35 pelotes pour tenir l’hiver… ou pas ?

En début de saison, au mois de septembre, il me restait 40 pelotes environ, 35 mi-novembre. A ce rythme, j’ai bon espoir de tenir l’hiver… Dans le cas contraire, je me réserve la possibilité d’échanger fringues ou bouquins contre des pelotes chez les (rares) copines qui s’adonnent à cette activité. Ou je me prendrai par la main pour détricoter les pulls trop petits des enfants (fastidieux, mais bon…).

Parce qu’il nous manque quand même des trucs… Je n’avais plus qu’un seul bonnet un peu trop lâche qui n’allait pas avec mes deux écharpes actuelles, dont une verte et turquoise tricotée au point de riz, terminée il y a 3 semaines. Je tricote généralement 3 ou 4 bonnets par hiver pour Alice, Simon et moi, les enfants en perdant régulièrement (ou les oubliant chez leur père). Marc reste fidèle quant à lui à son couvre-chef en polaire (no comment).

Alice voulait un châle, c’est chose faite, Simon un pull, c’est en cours. Le tout me fait autant plaisir (voir plus !) que d’être allée les acheter en magasin, tout en ayant la satisfaction de voir mes fonds de tiroirs s’amenuiser et mon porte-monnaie rester fermé. Je ne dis pas que je suis 100% satisfaite des couleurs, mais bon, je fais avec ce que j’ai. Je prévois de terminer les layettes commencées jamais terminées, de tricoter des tours de cou pour mes neveux et amis, de faire place nette pour l’année prochaine.

Appris sur le tard, avec des cours, des livres et sur internet

A noter que je ne me lance pas dans des choses compliquées. Les années passées, j’ai tricoté des gilets, mais ne suis jamais complètement satisfaite des mesures ou des finitions (je ne suis pas à la lettre les consignes, ceci expliquant peut-être cela, hé hé…). Je plaide coupable, mais me console en me disant que je tricote depuis 5 ans seulement et que ma production nous protège plutôt bien du froid humide des derniers hivers strasbourgeois…

Et je remercie encore Laurence pour ses cours et sa patience ! Je ne regrette pas un seul instant d’avoir appris le tricot sur le tard, avec ces conseils de visu pour démarrer, puis dans des livres et des vidéos sur internet.

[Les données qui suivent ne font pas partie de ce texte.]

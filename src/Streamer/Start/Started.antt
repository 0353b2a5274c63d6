-- ===== src/Streamer/Start/Started.antt =====
-- What the streamer has done when it starts, and when it does not.
use mathlib.Core.Path.{subst}
use fps_anticheat_data_platf.Prelude.{
  ℕ, ◌<◌, ◌≡◌, ◌⊎◌, inl, inr, refl, sym, String, Option, none, some, List, [], ◌∷◌, arith,
  Option-cases, str_eq, if◌then◌else◌,
}
use fps_anticheat_data_platf.Prelude.Float.{Arithmetic}
use fps_anticheat_data_platf.Prelude.Result.{Result, ok, err, Result-cases, ok_injective}
use fps_anticheat_data_platf.Streamer.Action.{AppError, World}
use fps_anticheat_data_platf.Streamer.Accumulator
use fps_anticheat_data_platf.Streamer.Accumulator.{BatchAccumulator, Poll}
use fps_anticheat_data_platf.Streamer.Accumulator.Stream.{outcomes_of}
use fps_anticheat_data_platf.Streamer.Config.{Config, from_env, accumulator_config}
use fps_anticheat_data_platf.Streamer.Config.FailClosed.{IsConfig, from_env-ok}
use fps_anticheat_data_platf.Streamer.App.{Services}
use fps_anticheat_data_platf.Streamer.App.Delivery.{Ends, run-Ends}
use fps_anticheat_data_platf.Streamer.Start.{
  ClientConfig, Clients, consumer_config, producer_config, store_config, StreamProcessorApp,
  new_consumer, new_writer, new_producer, new_pool, new, services_of, world_of, main,
}

-- the value that a client has for a setting: the one set last
abbrev pub setting : String → ClientConfig → Option String
setting key [] = none
setting key ((k, v) ∷ rest) =
    let later = setting key rest in
    elim later [ some x ↦ some x | none ↦ if str_eq k key then some v else none ]

module _ {K O P : Type 0} (clients : Clients K O P) where
  -- the clients of an app, made of the settings of a configuration
  pub record IsBuilt (c : Config) (app : StreamProcessorApp K O P) : Type 0 where
    pub config : app.config ≡ c
    pub consumer : clients.create_consumer (consumer_config c) ≡ ok app.consumer.consumer
    pub subscribed : clients.subscribe app.consumer.consumer c.kafka_raw_topic ≡ none
    pub topic : app.consumer.topic ≡ c.kafka_raw_topic
    pub payloads : app.consumer.max_payload_bytes ≡ c.max_message_bytes
    pub store : clients.build_store (store_config c) ≡ ok app.writer.store
    pub producer : clients.create_producer (producer_config c) ≡ ok app.event_producer.0
    pub gold_topic : app.event_producer.1.gold_ready_topic ≡ c.kafka_gold_ready_topic
    pub bucket : app.event_producer.1.bucket ≡ c.minio_bucket
    pub workers : 0 < c.r_max_workers → app.worker_pool.capacity ≡ c.r_max_workers

  capacity-new_pool : (f32 : Arithmetic) (n : ℕ) → 0 < n → (new_pool f32 n).capacity ≡ n
  unfolding new_pool
  capacity-new_pool f32 n h = ground arith

  new-IsBuilt :
      (f32 : Arithmetic) (clock : ℕ) (c : Config) (app : StreamProcessorApp K O P)
      → new clients f32 clock c ≡ ok app
      → IsBuilt c app × (app.accumulator ≡ Accumulator.new (accumulator_config c) clock)
  unfolding new new_consumer new_writer new_producer
  new-IsBuilt f32 clock c app h =
      elim (Result-cases (clients.create_consumer (consumer_config c))) [
        | inr (e, k) ↦ absurd (cc (rw k at h))
        | inl (consumer, k) ↦ elim (Option-cases (clients.subscribe consumer c.kafka_raw_topic)) [
          | inr (e, t) ↦ absurd (cc (rw (k, t) at h))
          | inl t ↦ elim (Result-cases (clients.build_store (store_config c))) [
            | inr (e, o) ↦ absurd (cc (rw (k, t, o) at h))
            | inl (store, o) ↦ elim (Result-cases (clients.create_producer (producer_config c))) [
              | inr (e, p) ↦ absurd (cc (rw (k, t, o, p) at h))
              | inl (producer, p) ↦
                  subst
                    (λ a.
                      IsBuilt c a × (a.accumulator ≡ Accumulator.new (accumulator_config c) clock))
                    (ok_injective (rw (k, t, o, p) at h))
                    (
                      record {
                        config = refl;
                        consumer = k;
                        subscribed = t;
                        topic = refl;
                        payloads = refl;
                        store = o;
                        producer = p;
                        gold_topic = refl;
                        bucket = refl;
                        workers = capacity-new_pool f32 c.r_max_workers;
                      },
                      refl,
                    )
            ]
          ]
        ]
      ]

module _ {B W R K O P : Type 0} (clients : Clients K O P) (connect : K → O → P → Services B W R)
    (f32 : Arithmetic) (env : String → Option String) (cpus : Option ℕ) (clock : ℕ)
    (polls : List Poll) where
  -- a start that was refused
  pub record IsRefused (r : Result AppError BatchAccumulator × World) : Type 0 where
    pub error : AppError
    pub refuses : r.0 ≡ err error
    pub nothing_done : r.1.log ≡ []

  -- an app that runs, from the environment and through its clients
  pub record IsRunning (r : Result AppError BatchAccumulator × World) : Type 0 where
    pub app : StreamProcessorApp K O P
    pub configured : IsConfig env cpus app.config
    pub built : IsBuilt clients app.config app
    pub manual : setting "enable.auto.commit" (consumer_config app.config) ≡ some "false"
    pub unstored : setting "enable.auto.offset.store" (consumer_config app.config) ≡ some "false"
    pub acknowledged : setting "acks" (producer_config app.config) ≡ some "all"
    pub idempotent : setting "enable.idempotence" (producer_config app.config) ≡ some "true"
    pub delivers : Ends (services_of connect app) (outcomes_of polls) (world_of app) r

  -- Whatever the environment, the client libraries and the services answer, the streamer either does
  -- not start, and then nothing is written, sent or committed; or it runs on the settings of the
  -- environment with clients made of them, whose consumer commits no offset by itself and whose
  -- producer waits for all replicas; and its loop, over the services that those clients connect it
  -- to, commits a segment of the messages only after it has stored and announced the segment's batch,
  -- or left no event of it after validation and deduplication, and commits nothing from the first
  -- batch on that fails.
  pub main_lem : let r = main clients connect f32 env cpus clock polls in IsRefused r ⊎ IsRunning r
  unfolding main
  main_lem = elim (Result-cases (from_env env cpus)) [
    | inr (e, k) ↦ inl (record { error = e; refuses = rw k refl; nothing_done = rw k refl })
    | inl (c, k) ↦ elim (Result-cases (new clients f32 clock c)) [
      | inr (e, n) ↦
          inl (record { error = e; refuses = rw (k, n) refl; nothing_done = rw (k, n) refl })
      | inl (app, n) ↦
          let (built, buffer) = new-IsBuilt clients f32 clock c app n in
          rw (k, n)
            (inr (record {
              app = app;
              configured = rw built.config (from_env-ok env cpus c k);
              built = subst (λ d. IsBuilt clients d app) (sym built.config) built;
              manual = refl;
              unstored = refl;
              acknowledged = refl;
              idempotent = refl;
              delivers = rw buffer (
                  run-Ends (services_of connect app) (accumulator_config c) clock polls
                    (world_of app));
            }))
    ]
  ]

De voir de longues écharpes prendre forme sous mes doigts et de profiter de produits en laine bio à des prix bien inférieurs à ceux que je pourrais me procurer en boutique. Si vous êtes tentés, trouvez-vous un cours dans un centre socio-culturel ou une MJC près de chez vous… Que du bonus, foncez !

4 commentaires sur “4”

  1. Haha! Super Marie! Moi aussi je persévère depuis nos premiers cours! Et j’ai encore tout un stock de laine de Laurence…
    Je te retrouve tout à fait par hasard en transférant à mes collègues un article pro-médiathèques où tu laisses quelques indices quant à ton identité… Bon vent, copine tricoteuse! Et n’oublie pas de me faire signe si tu passes dans la vallée…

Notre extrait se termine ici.